Blind loyalty doesn't exist on the left either?
Not to the degree that it exists on the right.
If this were a charge that could only be laid at the feet of Evangelicals I might agree, but it isn't and your average leftist is blindly committed to voting Democrat as the Evangelicals are supposedly committed to voting Republican.
IME, that just isn't true. And unlike evangelical Republican voters, most Dem voters aren't sacrificing a bunch of other self-claimed values for the sake of voting for the Democrats.
Trump's policy on immigration, particularly as it relates to refugees and asylum seekers is blatantly anti-Christian, yet it merited little more than a shrug from most evangelicals, and hearty approval from some.
Trump's constant lying and antagonism are blatantly anti-Christian, yet Christians cheer his fighting spirit.
Trump's stoking of racism is blatantly anti-Christian, yet many Christians try to explain it away.
Trump's dysfunctional, disinterested management style is horrible stewardship, yet Christians for some reason cheer his business acumen.
Republican policies on things like protections for workers, customers, the environment, and a host of other categories of oppressed, abused, or marginalized people almost always skew in favor of the powerful - a value entirely at odds with Christian doctrine, yet Christians at best overlook this, and often adopt it as correct and proper.
I don't see the same thing happen on the left.

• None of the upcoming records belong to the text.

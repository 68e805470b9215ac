-- ===== src/Presence/Calls/Proved.antt =====
-- workers/presence/src/index.ts: what a body that passed its checks has proved.
use nexnet.Common.{
  ℕ, ◌≡◌, arith, Bool, Option, some, Text, codes, Result, ok, Result-cases, Option-cases, inl, inr,
}
use nexnet.Crypto.{Crypto}
use nexnet.Protocol.IdentityAuth.{VerifiedIdentity}
use nexnet.Protocol.Requests.{Body}
use nexnet.Presence.State.{PresenceLeaseData, Refusal}
use nexnet.Common.Map.{text_key}
use nexnet.Presence.Requests.{
  SignedBody, read_body, lease_of, prekey_of, verified_for, check_publish, check_prekey_publish,
  check_remove, lease_publish_keys, prekey_publish_keys, remove_keys,
}

-- The body that was read, and its proof for the operation.
pub record Proved (crypto : Crypto) (now : ℕ) (operation : Text) (read : Result Refusal SignedBody)
    (body : SignedBody) : Type 0 where
  pub was_read : read ≡ ok body
  pub verified : VerifiedIdentity
  pub proved : verified_for crypto now operation body ≡ some verified

lease_of-identity :
    (body : SignedBody) (l : PresenceLeaseData) → lease_of body ≡ ok l → l.identity ≡ body.identity
unfolding lease_of
lease_of-identity body l e = ground (arith, e)

module _ (crypto : Crypto) (now : ℕ) where
  pub check_publish-Proved :
      (request : Body) (body : SignedBody) (l : PresenceLeaseData)
      → check_publish crypto now request ≡ ok (body, l)
      → Proved crypto now (codes "presence.publish") (read_body request lease_publish_keys) body
        × (l.identity ≡ body.identity)
  unfolding check_publish
  check_publish-Proved request body l e =
      elim (Result-cases (read_body request lease_publish_keys)) [
        | inr (r, refused) ↦ absurd (ground (arith, e, refused))
        | inl (b, read) ↦ elim (Result-cases (lease_of b)) [
          | inr (r, refused) ↦ absurd (ground (arith, e, read, refused))
          | inl (m, leased) ↦
              elim (Option-cases (verified_for crypto now (codes "presence.publish") b)) [
                | inl n ↦ absurd (ground (arith, e, read, leased, n))
                | inr (v, proved) ↦ (
                  record {
                    was_read = ground (arith, e, read, leased, proved);
                    verified = v;
                    proved = ground (arith, e, read, leased, proved);
                  },
                  ground (arith, e, read, leased, proved, lease_of-identity b m leased),
                )
              ]
        ]
      ]

  pub check_prekey_publish-Proved :
      (verify_hex : Text → Text → Text → Option Bool) (request : Body) (body : SignedBody)
      → check_prekey_publish crypto now verify_hex request ≡ ok body
      → Proved crypto now (codes "prekeys.publish") (read_body request prekey_publish_keys) body
  unfolding check_prekey_publish
  check_prekey_publish-Proved verify_hex request body e =
      elim (Result-cases (read_body request prekey_publish_keys)) [
        | inr (r, refused) ↦ absurd (ground (arith, e, refused))
        | inl (b, read) ↦ elim (Result-cases (prekey_of b)) [
          | inr (r, refused) ↦ absurd (ground (arith, e, read, refused))
          | inl (m, keyed) ↦
              elim (Option-cases (verified_for crypto now (codes "prekeys.publish") b)) [
                | inl n ↦ absurd (ground (arith, e, read, keyed, n))
                | inr (v, proved) ↦ record {
                  was_read = ground (arith, e, read, keyed, proved);
                  verified = v;
                  proved = ground (arith, e, read, keyed, proved);
                }
              ]
        ]
      ]

  pub check_remove-Proved :
      (operation : Text) (request : Body) (path : Text) (body : SignedBody)
      → check_remove crypto now operation request path ≡ ok body
      → Proved crypto now operation (read_body request remove_keys) body
  unfolding check_remove
  check_remove-Proved operation request path body e =
      elim (Result-cases (read_body request remove_keys)) [
        | inr (r, refused) ↦ absurd (ground (arith, e, refused))
        | inl (b, read) ↦ elim (Option-cases (verified_for crypto now operation b)) [
          | inl n ↦ absurd (ground (arith, e, read, n))
          | inr (v, proved) ↦ record {
            was_read = ground (arith, e, read, proved);
            verified = v;
            proved = ground (arith, e, read, proved);
          }
        ]
      ]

No, not everybody is on the same page, but I struggle to think of any bloc of Dem voters who claims to hold one set of values, while in reality adopting a Democratic party platform that violates the majority of those values.
If Evangelicals want to blindly vote for Republicans, who are you or I to tell them otherwise?
The issue we're discussing is how the politicization of Christianity has undermined evangelism. As fellow Christians, it is
entirely appropriate for us to look at our own community and judge and correct its behavior - doing so is a core part of the faith. We would be remiss in our responsibilities as Christians if we
didn't engage in that sort of self-reflection and self-correction.
It's fine if Christians look at the electoral options and decide that the Republican is better. But that isn't what's happened. What's happened is that large blocs of American evangelicals have supplanted religious doctrine with Republican political positions and subsumed Republican political figures into quasi-leadership religious roles.
For example:
Throughout his facebook page, Franklin Graham talks out of both sides of his mouth, praising calls for unity, while browbeating Dems and completely overlooking Trump's contributions to disunity and the covid spikes that his organization is working to fight:
Franklin Graham
Actually, maybe Graham's problem is straight up idolatry of Trump rather than mere Republicanism. This post is just moronic:
Franklin Graham
In another thread, we were discussing this large church in Texas, which has become little more than a mouthpiece for right-wing conspiracy theorists, hosting both Sidney Powell and Allen West.
KingdomLife
In a more personal example, when I moved to the Baltimore area a few years ago, I started googling around for churches and found one that listed in its statement of faith its position on taxation and small government.
It's not hard to find other cases of famous evangelical leaders publicly aligning themselves with right-wing ideology or massaging Christian doctrine to fit that ideology - contemporary evangelicalism is practically rife with it. The recent statement from the SBC seminary presidents regarding critical race theory is but one example.